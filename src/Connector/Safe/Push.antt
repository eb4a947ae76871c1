-- ===== src/Connector/Safe/Push.antt =====
-- `do_push` of `base_safe_connector` and of `safe_connector` (qbus/connector.h) over a
-- `shared_locker`.
use qbus.Prelude.{
  ℕ, ◌≡◌, inl, inr, refl, sym, ap, ap₂, subst, ◌∙◌, Bool-cases, arith, Bool, true, false, List,
  done, if◌then◌else◌, ◌==◌, ◌&&◌,
}
use qbus.Timespec.{Timespec}
use qbus.Connector.{Virtuals}
use qbus.Connector.Safe.{Safe, Barriers, guarded, base_push, safe_push, exclusive}
use qbus.Locker
use qbus.Locker.{Locker}
use qbus.Locker.Scoped
use qbus.Locker.Calls.{Timed, lockable}

-- A locker that no thread holds.
abbrev pub is_free : Locker → Bool
is_free l = l.scoped == 0 && l.sharable == 0

module _ (clock : ℕ → Timespec) (fuel : ℕ) {W P M B : Type 0} (v : Virtuals W P M) where
  -- `guarded` exclusively over a locker of fields `n` and `m`.
  abbrev at : ℕ → ℕ → ℕ → W → B → ℕ → Safe Timed W B
  at n m k w barrier ticks = record {
    locker = record { locker = record { scoped = n; sharable = m }; ticks = k };
    inner = w;
    barrier = barrier;
    ticks = ticks;
  }

  guarded_free :
      {A : Type 0} (work : W → W × A) (failed : A) (k : ℕ) (w : W) (barrier : B) (ticks : ℕ)
      → guarded (lockable clock fuel) v exclusive work failed (at 0 0 k w barrier ticks)
        ≡ done (at 0 0 k (work w).0 barrier ticks, (work w).1)
  unfolding guarded Scoped.make_try Scoped.destroy Locker.try_lock Locker.unlock
  guarded_free work failed k w barrier ticks = refl

  guarded_held :
      {A : Type 0} (work : W → W × A) (failed : A) (n m k : ℕ) (w : W) (barrier : B) (ticks : ℕ)
      → is_free (record { scoped = n; sharable = m }) ≡ false
      → guarded (lockable clock fuel) v exclusive work failed (at n m k w barrier ticks)
        ≡ done (at n m k w barrier ticks, failed)
  unfolding guarded Scoped.make_try Scoped.destroy Locker.try_lock Locker.unlock
  guarded_held work failed n m k w barrier ticks h = rw h

  fields :
      (s : Safe Timed W B)
      → is_free s.locker.locker ≡ true
      → s ≡ at 0 0 s.locker.ticks s.inner s.barrier s.ticks
  fields s h =
      let n : s.locker.locker.scoped ≡ 0 = ground arith in
      let m : s.locker.locker.sharable ≡ 0 = ground arith in
      ap₂ (λ n m. at n m s.locker.ticks s.inner s.barrier s.ticks) n m

  -- `do_push` of `base_safe_connector` is that of the connector below it if no thread holds the
  -- locker, which is free again afterwards; else it returns false and changes nothing.
  pub base_push_lem :
      (s : Safe Timed W B) (tag : ℕ) (source : List ℕ)
      → let (w, result) = v.do_push s.inner tag source in
        base_push (lockable clock fuel) v s tag source ≡ (
          if is_free s.locker.locker
          then done (record s { inner = w }, result)
          else done (s, false))
  unfolding base_push
  base_push_lem s tag source = elim (Bool-cases (is_free s.locker.locker)) [
    | inl e ↦
        subst
          (λ s'.
            guarded (lockable clock fuel) v exclusive (λ w. v.do_push w tag source) false s' ≡ (
              if is_free s'.locker.locker
              then done (
                record s' { inner = (v.do_push s'.inner tag source).0 },
                (v.do_push s'.inner tag source).1,
              )
              else done (s', false)))
          (sym (fields s e))
          (guarded_free (λ w. v.do_push w tag source) false s.locker.ticks s.inner s.barrier
            s.ticks)
    | inr e ↦
        guarded_held (λ w. v.do_push w tag source) false s.locker.locker.scoped
          s.locker.locker.sharable s.locker.ticks s.inner s.barrier s.ticks e
        ∙ ap
            (λ b.
              if b
              then done (
                record s { inner = (v.do_push s.inner tag source).0 },
                (v.do_push s.inner tag source).1,
              )
              else done (s, false))
            (sym e)
  ]

  module _ (b : Barriers B) where
    safe_push_free :
        (k : ℕ) (w : W) (barrier : B) (ticks tag : ℕ) (source : List ℕ)
        → safe_push (lockable clock fuel) v b clock (at 0 0 k w barrier ticks) tag source
          ≡ done (at 0 0 k w barrier ticks, false)
    unfolding safe_push base_push guarded Scoped.make_try Scoped.destroy Locker.try_lock
        Locker.unlock
    safe_push_free k w barrier ticks tag source = refl

    -- `do_push` of a `safe_connector` whose locker is a `shared_locker` returns false and changes
    -- nothing, from every state: it tries the exclusive lock a second time while it holds it.
    pub safe_push-false :
        (s : Safe Timed W B) (tag : ℕ) (source : List ℕ)
        → safe_push (lockable clock fuel) v b clock s tag source ≡ done (s, false)
    unfolding safe_push Scoped.make_try Scoped.destroy Locker.try_lock
    safe_push-false s tag source = elim (Bool-cases (is_free s.locker.locker)) [
      | inl e ↦
          subst (λ s'. safe_push (lockable clock fuel) v b clock s' tag source ≡ done (s', false))
            (sym (fields s e)) (safe_push_free s.locker.ticks s.inner s.barrier s.ticks tag source)
      | inr e ↦ rw e
    ]
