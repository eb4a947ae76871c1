-- ===== src/Connector/Safe/Ready.antt =====
-- A `shared_locker` that no other thread holds, and a `shared_barrier` without tokens that no other
-- thread moves (qbus/locker.cpp), under the timed calls of a safe connector.
use qbus.Prelude.{
  ℕ, suc, ◌+◌, ◌≡◌, refl, sym, subst, arith, true, false, inl, inr, Bool, Bool-cases, done,
}
use qbus.Timespec
use qbus.Timespec.{Timespec}
use qbus.Locker
use qbus.Locker.{try_book_lock}
use qbus.Locker.Calls.{
  Timed, lockable, timed_lock, timed_rounds, timed_lock_sharable, sharable_rounds,
}
use qbus.Locker.Barrier
use qbus.Locker.Barrier.{Barrier}
use qbus.Connector.Safe.{exclusive, sharable, shared_barriers}
use qbus.Connector.Safe.Rounds.{Locks, Leaves}
use qbus.Connector.Safe.Get.{Answers}

abbrev pub Free : Timed → Type 0
Free t = t.locker ≡ Locker.unlocked

abbrev pub writers : Timed → ℕ
writers t = t.locker.scoped

abbrev pub readers : Timed → ℕ
readers t = t.locker.sharable

abbrev free_at : ℕ → Timed
free_at ticks = record { locker = Locker.unlocked; ticks = ticks }

module _ (clock : ℕ → Timespec) (fuel : ℕ) where
  locks_alone :
      (ticks : ℕ) (timeout : Timespec)
      → (r : Timed × Bool) × (timed_lock clock (suc fuel) (free_at ticks) timeout ≡ done r)
        × Leaves (lockable clock (suc fuel)) writers Free exclusive 0 r.0 r.1
  unfolding timed_lock timed_rounds try_book_lock Locker.unlock
  locks_alone ticks timeout =
      let ts = Timespec.add (clock ticks) timeout in
      elim (Bool-cases (Timespec.lt (clock (ticks + 1)) ts)) [
        | inl e ↦ (
          (record { locker = record { scoped = 1; sharable = 0 }; ticks = ticks + 1 + 1 }, true),
          rw e,
          inr (refl, omega arith, (free_at (ticks + 1 + 1), refl, omega arith, refl)),
        )
        | inr e ↦ ((free_at (ticks + 1 + 1), false), rw e, inl (refl, refl, refl))
      ]

  shares_alone :
      (ticks : ℕ) (timeout : Timespec)
      → (r : Timed × Bool) × (timed_lock_sharable clock (suc fuel) (free_at ticks) timeout ≡ done r)
        × Leaves (lockable clock (suc fuel)) readers Free sharable 0 r.0 r.1
  unfolding timed_lock_sharable sharable_rounds Locker.try_lock_sharable Locker.unlock_sharable
  shares_alone ticks timeout =
      let ts = Timespec.add (clock ticks) timeout in
      elim (Bool-cases (Timespec.lt (clock (ticks + 1)) ts)) [
        | inl e ↦ (
          (record { locker = record { scoped = 0; sharable = 1 }; ticks = ticks + 1 + 1 }, true),
          rw e,
          inr (refl, omega arith, (free_at (ticks + 1 + 1), refl, omega arith, refl)),
        )
        | inr e ↦ ((free_at (ticks + 1 + 1), false), rw e, inl (refl, refl, refl))
      ]

  -- A `shared_locker` that is free counts its holder, returns, and is free again, whatever the clock
  -- shows.
  pub Free-Locks :
      Locks (lockable clock (suc fuel)) writers Free exclusive
      × Locks (lockable clock (suc fuel)) readers Free sharable
  Free-Locks = (
    λ t timeout free.
        subst
          (λ x.
            (r : Timed × Bool) × (timed_lock clock (suc fuel) (record t { locker = x }) timeout
              ≡ done r)
            × Leaves (lockable clock (suc fuel)) writers Free exclusive x.scoped r.0 r.1)
          (sym free) (locks_alone t.ticks timeout),
    λ t timeout free.
        subst
          (λ x.
            (r : Timed × Bool) × (timed_lock_sharable clock (suc fuel) (record t { locker = x })
                timeout
              ≡ done r)
            × Leaves (lockable clock (suc fuel)) readers Free sharable x.sharable r.0 r.1)
          (sym free) (shares_alone t.ticks timeout),
  )

abbrev pub Calm : Barrier → Type 0
Calm b = (b.semaphore ≡ 0) × (b.counter2 ≡ 0)

-- A knock and the timed wait behind it return at a calm `shared_barrier`, and leave it calm.
pub Calm-Answers : Answers shared_barriers Calm
unfolding Barrier.knock Barrier.timed_expect Barrier.settle
Calm-Answers b calm = (
  Barrier.knocked b,
  rw (calm.1),
  λ t. (
    ((Barrier.timed_expect (Barrier.knocked b)).0, (Barrier.timed_expect (Barrier.knocked b)).1),
    refl,
    rw (calm.0, calm.1) (refl, refl),
  ),
)
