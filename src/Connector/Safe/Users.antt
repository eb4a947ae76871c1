-- ===== src/Connector/Safe/Users.antt =====
-- The users of a `base_safe_connector` (qbus/connector.h).
use qbus.Prelude.{
  ℕ, suc, ◌-◌, if◌then◌else◌, ◌+◌, ◌≤◌, ◌<◌, ◌≡◌, ◌⊎◌, arith, true, false, List, [], ◌∷◌, none,
  some, done, ltb,
}
use qbus.Locker.Guard.{Guard, returned}
use qbus.Locker.Scoped
use qbus.Locker.Spin
use qbus.Locker.Spin.{Swaps}
use qbus.Connector.Safe.Life.{
  Sizes, barrier_at, get_memory, memory_size, Block, Parts, destroy, Event, opens, ends,
}

-- A locker that has just been constructed is locked and unlocked again by a guard that is alone, and
-- the spinlock runs at least two rounds of a compare-and-swap as documented.
pub record Works {L B T W : Type 0} (parts : Parts L B T W) : Type 0 where
  pub guard : Guard L
  pub made : Scoped.make parts.lockable parts.new_locker ≡ done (returned guard)
  pub destroyed : Scoped.destroy parts.lockable guard ≡ done parts.new_locker
  pub swaps : Swaps parts.cas
  pub fuel : ℕ
  pub rounds_at : parts.rounds ≡ suc (suc fuel)

-- `k` processes have the connector open: they are counted, and the locker and the barrier are there,
-- the locker free, exactly if there is one.
pub record Counts {L B T W : Type 0} (parts : Parts L B T W) (block : Block L B W) (k : ℕ)
    : Type 0 where
  pub spin_le : block.spin ≤ 1
  pub users_at : block.users ≡ k
  pub alive :
      ((k ≡ 0) × (block.locker ≡ none) × (block.barrier ≡ none))
      ⊎ ((0 < k)
          × (block.locker ≡ some parts.new_locker)
          × (block.barrier ≡ some parts.new_barrier))

-- How many processes have the connector open after some events: one that maps the memory opens it
-- exactly if another one has it open.
abbrev pub present : List Event → ℕ → ℕ
present [] k = k
present (opens false ∷ events) k = present events k
present (opens true ∷ events) k = present events (if ltb 0 k then k + 1 else k)
present (ends ∷ events) k = present events (k - 1)

-- The members of the block lie one behind the other, and fill the memory with the one below.
pub members_fill :
    (sizes : Sizes) (ptr below : ℕ)
    → (barrier_at sizes ptr + sizes.barrier ≡ get_memory sizes ptr)
      × (get_memory sizes ptr + below ≡ ptr + memory_size sizes below)
unfolding get_memory memory_size
members_fill sizes ptr below = (omega arith, omega arith)
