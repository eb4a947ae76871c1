-- ===== src/Message.antt =====
-- The message in shared memory: qbus/message.h (`base_message`, its offsets and sizes) and
-- qbus/message.cpp (the accessors and the constructor). A message is named by `m_ptr`, the address
-- of its header; a `pmessage_type` by the addresses of the chained messages, the empty list being
-- the null pointer.
pub mod Chain
pub mod Make
pub mod Fields
use qbus.Prelude.{ℕ, ◌+◌, ◌-◌, ◌%◌, ◌^◌, List, if◌then◌else◌, ltb}
use qbus.Bytes.{Mem, read32, write32, clear_bytes}

abbrev pub flg_head : ℕ
flg_head = 1

abbrev pub flg_tail : ℕ
flg_tail = 2

abbrev pub flags_offset : ℕ
flags_offset = 0

abbrev pub capacity_offset : ℕ
capacity_offset = 4

abbrev pub sid_offset : ℕ
sid_offset = 8

abbrev pub tag_offset : ℕ
tag_offset = 12

abbrev pub counter_offset : ℕ
counter_offset = 16

abbrev pub ts_offset : ℕ
ts_offset = 20

abbrev pub data_offset : ℕ
data_offset = 24

abbrev pub header_size : ℕ
header_size = data_offset

abbrev pub Pmessage : Type 0
Pmessage = List ℕ

-- What the process reads from outside: `get_sid`, and the successive results of `get_timestamp`.
pub record Env : Type 0 where
  pub sid : ℕ
  pub clock : ℕ → ℕ

-- The shared memory, and how often the clock has been read.
pub record World : Type 0 where
  pub mem : Mem
  pub ticks : ℕ

unfoldable pub sid : Mem → ℕ → ℕ
sid m p = read32 m (p + sid_offset)

unfoldable pub timestamp : Mem → ℕ → ℕ
timestamp m p = read32 m (p + ts_offset)

unfoldable pub tag : Mem → ℕ → ℕ
tag m p = read32 m (p + tag_offset)

unfoldable pub flags : Mem → ℕ → ℕ
flags m p = read32 m (p + flags_offset)

unfoldable pub capacity : Mem → ℕ → ℕ
capacity m p = read32 m (p + capacity_offset)

unfoldable pub counter : Mem → ℕ → ℕ
counter m p = read32 m (p + counter_offset)

unfoldable pub set_sid : Mem → ℕ → ℕ → Mem
set_sid m p value = write32 m (p + sid_offset) value

unfoldable pub set_timestamp : Mem → ℕ → ℕ → Mem
set_timestamp m p value = write32 m (p + ts_offset) value

unfoldable pub set_tag : Mem → ℕ → ℕ → Mem
set_tag m p value = write32 m (p + tag_offset) value

unfoldable pub set_flags : Mem → ℕ → ℕ → Mem
set_flags m p value = write32 m (p + flags_offset) value

unfoldable pub set_capacity : Mem → ℕ → ℕ → Mem
set_capacity m p value = write32 m (p + capacity_offset) value

unfoldable pub set_counter : Mem → ℕ → ℕ → Mem
set_counter m p value = write32 m (p + counter_offset) value

-- The atomic updates of the reference counter, with the value that they return. Both wrap at 2^32.
unfoldable pub inc_counter : Mem → ℕ → ℕ × Mem
unfolding counter set_counter
inc_counter m p = let value = (counter m p + 1) % 2 ^ 32 in (value, set_counter m p value)

unfoldable pub dec_counter : Mem → ℕ → ℕ × Mem
unfolding counter set_counter
dec_counter m p = let value = (counter m p + 2 ^ 32 - 1) % 2 ^ 32 in (value, set_counter m p value)

-- `static_size` and `static_capacity`. A `size_t` has 64 bits, and the sizes stay below 2^33.
abbrev pub static_size : ℕ → ℕ
static_size cpct = header_size + cpct

abbrev pub static_capacity : ℕ → ℕ
static_capacity sz = if ltb header_size sz then sz - header_size else 0

unfoldable pub size : Mem → ℕ → ℕ
size m p = static_size (capacity m p)

-- `get_timestamp`: the clock moves on at each reading.
unfoldable pub get_timestamp : Env → World → ℕ × World
get_timestamp env w = (env.clock w.ticks, record w { ticks = w.ticks + 1 })

-- The constructor with a capacity: a cleared header, then its capacity, source and time.
unfoldable pub make_message : Env → World → ℕ → ℕ → World
unfolding get_timestamp
make_message env w p cpct =
    let m = set_sid (set_capacity (clear_bytes w.mem p header_size) p cpct) p env.sid in
    let (ts, w') = get_timestamp env (record w { mem = m }) in
    record w' { mem = set_timestamp m p ts }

**Your goal**
Print only what lies in the material above starting at the line with "(sym free) (locks_alone" and ending at the line with "-- A knock and", every line exactly as given.

**Solution to the exercise**
          (sym free) (locks_alone t.ticks timeout),
    λ t timeout free.
        subst
          (λ x.
            (r : Timed × Bool) × (timed_lock_sharable clock (suc fuel) (record t { locker = x })
                timeout
              ≡ done r)
            × Leaves (lockable clock (suc fuel)) readers Free sharable x.sharable r.0 r.1)
          (sym free) (shares_alone t.ticks timeout),
  )

abbrev pub Calm : Barrier → Type 0
Calm b = (b.semaphore ≡ 0) × (b.counter2 ≡ 0)

-- A knock and the timed wait behind it return at a calm `shared_barrier`, and leave it calm.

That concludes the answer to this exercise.